Unsurprisingly, the report found, while using these broad metrics, that solar panels would in fact pay for themselves in all buildings.

So why isn't every private building owner already using solar panels? Because most owners would use cost-benefit metrics far more rooted in their own bottom lines. Air quality improvement, habitat addition and job creation are certainly important; but they don't answer whether such panels "pay for themselves," in the common-sense understanding of that phrase. In other words, the report didn't specify whether owners would recoup the costs of the solar panels via lower utility bills. By employing such a dubious methodology (which is also used by the U.S. General Services Administration), the city is suggesting that solar panels likely don't recoup such costs.

This doesn't mean that solar panels can't ever pay for themselves. Both Supervisor Wiener, and Department of Environment Policy Director Guillermo Rodriguez, mentioned during phone interviews one effective concept: Power Purchase Agreements. This, Rodriguez later wrote by email, is "where a 3rd party (e.g., SolarCity) owns the solar array, pays for its installation on your roof and sells power back to you at a lower cost than utility power." Other analysis has found that, while returns vary, solar panel systems can cover their upfront costs over a decade or more, assuming, of course, that they remain heavily subsidized at federal (and in some cases state and local) level. But even if this latter scenario becomes the norm in San Francisco, it means a lot of new projects will be facing upfront 5- and 6-figure expenses that will take years to recoup. And that, in hand, would create an initial increase in rents, something the report briefly conceded.

But it's also possible that even with all the subsidies, and the industry's further growth, that the solar panel mandate will still not be cost-effective, even over time.  Perhaps the best proof of this is that, even following the California law, which tried to nudge developers towards installing solar panels, mandates are still needed. When I asked Supervisor Wiener to address this contradiction, he said merely that “there are times when you have to, as a matter of public policy, provide a push.”

If the solar panel mandate does, in fact, make developing in San Francisco harder and more expensive, it will merely add to the existing barrage of costly regulations. These include everything from rent control, to inclusionary zoning, to restrictive zoning, to preservation overlays, to lengthy approval times, to strict building codes, to architectural review processes, and so on. Indeed, the city has, along with Los Angeles, San Jose, New York City, Portland, Washington, DC, and Seattle, become a case study for how an onerous regulatory environment leads to high housing costs.

Ironically, Supervisor Wiener has long drawn this connection better than most people in San Francisco, advocating for land-use reforms that put him far to the right of city hall, risking political capital along the way. He has used basic economic arguments about supply-and-demand--which aren't always accepted in the city--to advocate for higher density construction.
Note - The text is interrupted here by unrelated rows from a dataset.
-- ===== src/Pricing/Rungs.antt =====
-- engine/src/engine/options/pricing.py: the rungs of a ladder are prices of the grid, in the band, and
-- decrease.
use ibkr_strategy_engine.Prelude.{
  ℕ, ◌+◌, ◌-◌, ◌*◌, ◌/◌, ◌≤◌, ◌<◌, ltb, ℤ, pos, negsuc, ◌≤ℤ◌, -ℤ_parts, ◌≡◌, refl, sym, ap, subst,
  inl, inr, Bool, true, false, Option, none, some, List, [], ◌∷◌, All, arith, Bool-cases,
}
use ibkr_strategy_engine.Prelude.Result.{ok, >>=-eq-ok, ok-injective}
use ibkr_strategy_engine.Pricing.{TickRegime, increment_for, Rounding, quantize_credit}
use ibkr_strategy_engine.Pricing.Regimes.{IsOnGrid, IsRegime}
use ibkr_strategy_engine.Pricing.Grid.{floor_law, ceiling_law}
use ibkr_strategy_engine.Pricing.Ladder.{
  Fraction, conceded, requested_rungs, clamp, add_rungs, not_below, check_rungs,
}

zero-IsOnGrid : (r : TickRegime) → IsOnGrid r 0
zero-IsOnGrid r = (0, omega arith)

-- There is a price of the grid above every price.
above : (r : TickRegime) → IsRegime r → (p : ℕ) → (g : ℕ) × IsOnGrid r g × (p ≤ g)
above r v p = (
  (r.boundary + p) * r.at_or_above,
  (r.boundary + p, ap (λ (m : ℕ). (r.boundary + p) * m) (sym (upper (grind (arith, v.above_pos))))),
  grind (arith, v.above_pos),
)
  where
    upper :
        r.boundary ≤ (r.boundary + p) * r.at_or_above
        → increment_for r ((r.boundary + p) * r.at_or_above) ≡ r.at_or_above
    upper h = ground arith

module _ (r : TickRegime) (v : IsRegime r) where
  pub quantized_floor :
      (z : ℤ) (q : ℕ) → quantize_credit r Rounding.floor z ≡ ok q → IsOnGrid r q × (pos q ≤ℤ z)
  unfolding quantize_credit
  quantized_floor (pos p) q h =
      let (grid, le, _) = floor_law r v p q 0 h (zero-IsOnGrid r) (omega arith) in
      (grid, omega arith)
  quantized_floor (negsuc p) q h = cc

  pub quantized_ceiling :
      (z : ℤ) (q : ℕ) → quantize_credit r Rounding.ceiling z ≡ ok q → IsOnGrid r q × (z ≤ℤ pos q)
  unfolding quantize_credit
  quantized_ceiling (pos p) q h =
      let (g, on, over) = above r v p in
      let (grid, le, _) = ceiling_law r v p q g h on over in (grid, omega arith)
  quantized_ceiling (negsuc p) q h = cc

  -- A price of the grid, at most `start`.
  abbrev pub IsRequested : ℕ → ℕ → Type 0
  IsRequested start x = IsOnGrid r x × (x ≤ start)

  pub requested_rungs-All :
      (start span : ℕ) (fractions : List Fraction) (xs : List ℕ)
      → requested_rungs r start span fractions ≡ ok xs
      → All (IsRequested start) xs
  unfolding requested_rungs
  requested_rungs-All start span [] xs h = subst (All (IsRequested start)) (ok-injective h) tt
  requested_rungs-All start span (f ∷ fractions) xs h =
      let (x, first, h') =
        >>=-eq-ok (quantize_credit r Rounding.floor (conceded start span f)) _ h in
      let (rest, others, h'') = >>=-eq-ok (requested_rungs r start span fractions) _ h' in
      let (grid, le) = quantized_floor (conceded start span f) x first in
      let within : x ≤ start = omega (
        arith,
        le,
        -ℤ_parts (pos start) (pos ((span * f.numerator + (f.denominator - 1)) / f.denominator)),
      ) in
      subst (All (IsRequested start)) (ok-injective h'')
        ((grid, within), requested_rungs-All start span fractions rest others)

  module _ (target start high : ℕ) (low : IsOnGrid r target) (fits : target ≤ start)
      (under : start ≤ high) where
    -- What the walk may offer: a price of the grid, between its two ends.
    abbrev pub IsOffer : ℕ → Type 0
    IsOffer x = IsOnGrid r x × (target ≤ x) × (x ≤ start)

    clamp-IsOffer : (x : ℕ) → IsRequested start x → IsOffer (clamp target high x)
    clamp-IsOffer x (grid, le) = elim (Bool-cases (ltb x target)) [
      | inl raised ↦
          let e : clamp target high x ≡ target = ground arith in
          subst IsOffer (sym e) (low, omega arith, fits)
      | inr kept ↦
          let e : clamp target high x ≡ x = ground arith in
          subst IsOffer (sym e) (grid, ground arith, le)
    ]

    pub add_rungs-All :
        (last : Option ℕ) (xs : List ℕ)
        → All (IsRequested start) xs
        → All IsOffer (add_rungs target high last xs)
    unfolding add_rungs
    add_rungs-All last [] good = tt
    add_rungs-All last (x ∷ xs) good =
        by_test (not_below last (clamp target high x)) (add_rungs-All last xs good.1)
          (add_rungs-All (some (clamp target high x)) xs good.1)
      where
        by_test :
            (b : Bool)
            → All IsOffer (add_rungs target high last xs)
            → All IsOffer (add_rungs target high (some (clamp target high x)) xs)
            → All IsOffer (elim b [
              | true ↦ add_rungs target high last xs
              | false ↦ clamp target high x ∷ add_rungs target high (some (clamp target high x)) xs
            ])
        by_test true skipped taken = skipped
        by_test false skipped taken = (clamp-IsOffer x good.0, taken)

-- Each below the one before.
abbrev pub IsDecreasing : Option ℕ → List ℕ → Type 0
IsDecreasing last [] = Unit
IsDecreasing none (x ∷ xs) = IsDecreasing (some x) xs
IsDecreasing (some p) (x ∷ xs) = (x < p) × IsDecreasing (some x) xs

add_rungs_step :
    (last : Option ℕ) (x : ℕ) (xs : List ℕ)
    → not_below last x ≡ false
    → IsDecreasing (some x) xs
    → IsDecreasing last (x ∷ xs)
add_rungs_step none x xs e h = h
add_rungs_step (some p) x xs e h = (ground arith, h)

pub add_rungs-IsDecreasing :
    (target high : ℕ) (last : Option ℕ) (xs : List ℕ)
    → IsDecreasing last (add_rungs target high last xs)
unfolding add_rungs
add_rungs-IsDecreasing target high last [] = empty last
  where
    empty : (last : Option ℕ) → IsDecreasing last []
    empty none = tt
    empty (some p) = tt
add_rungs-IsDecreasing target high last (x ∷ xs) =
    by_test (not_below last (clamp target high x)) refl (add_rungs-IsDecreasing target high last xs)
      (add_rungs-IsDecreasing target high (some (clamp target high x)) xs)
  where
    by_test :
        (b : Bool)
        → not_below last (clamp target high x) ≡ b
        → IsDecreasing last (add_rungs target high last xs)
        → IsDecreasing
            (some (clamp target high x))
            (add_rungs target high (some (clamp target high x)) xs)
        → IsDecreasing last (elim b [
          | true ↦ add_rungs target high last xs
          | false ↦ clamp target high x ∷ add_rungs target high (some (clamp target high x)) xs
        ])
    by_test true e skipped taken = skipped
    by_test false e skipped taken = add_rungs_step last (clamp target high x) _ e taken

-- Rungs that decrease in a band pass the check of a ladder.
pub check_rungs_total :
    (low high : ℕ) (last : Option ℕ) (xs : List ℕ)
    → IsDecreasing last xs
    → All (λ (x : ℕ). (low ≤ x) × (x ≤ high)) xs
    → check_rungs low high last xs ≡ ok tt
unfolding check_rungs
check_rungs_total low high last [] d g = refl
check_rungs_total low high none (x ∷ xs) d g =
    ground (arith, check_rungs_total low high (some x) xs d g.1)
check_rungs_total low high (some p) (x ∷ xs) d g =
    ground (arith, check_rungs_total low high (some x) xs d.1 g.1)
And he has called for speeding up the review process.

"There are a lot of reasons housing is expensive here, and the regulatory framework is certainly a part of it. It takes too long to get housing approved, it’s too uncertain, and it’s too expensive.” But he believes that the solar panel mandate, which would seemingly exacerbate this problem, is "a microscopic drop in the bucket" compared to other factors.

Numerically speaking, he is right, as San Francisco's median home values are $1,129,800. But the solar panel mandate will still likely add costs--such panels are more complicated and time-consuming to install; they require upfront costs that aren't immediately paid off; they survive on federal tax credits, which necessitate staff work from companies to obtain; and they would be just another issue that developers would need to study and seek approval for. If their final impact on prices is a "drop in the bucket" compared to all the other regulations, it just shows how convoluted the city's entire system has become.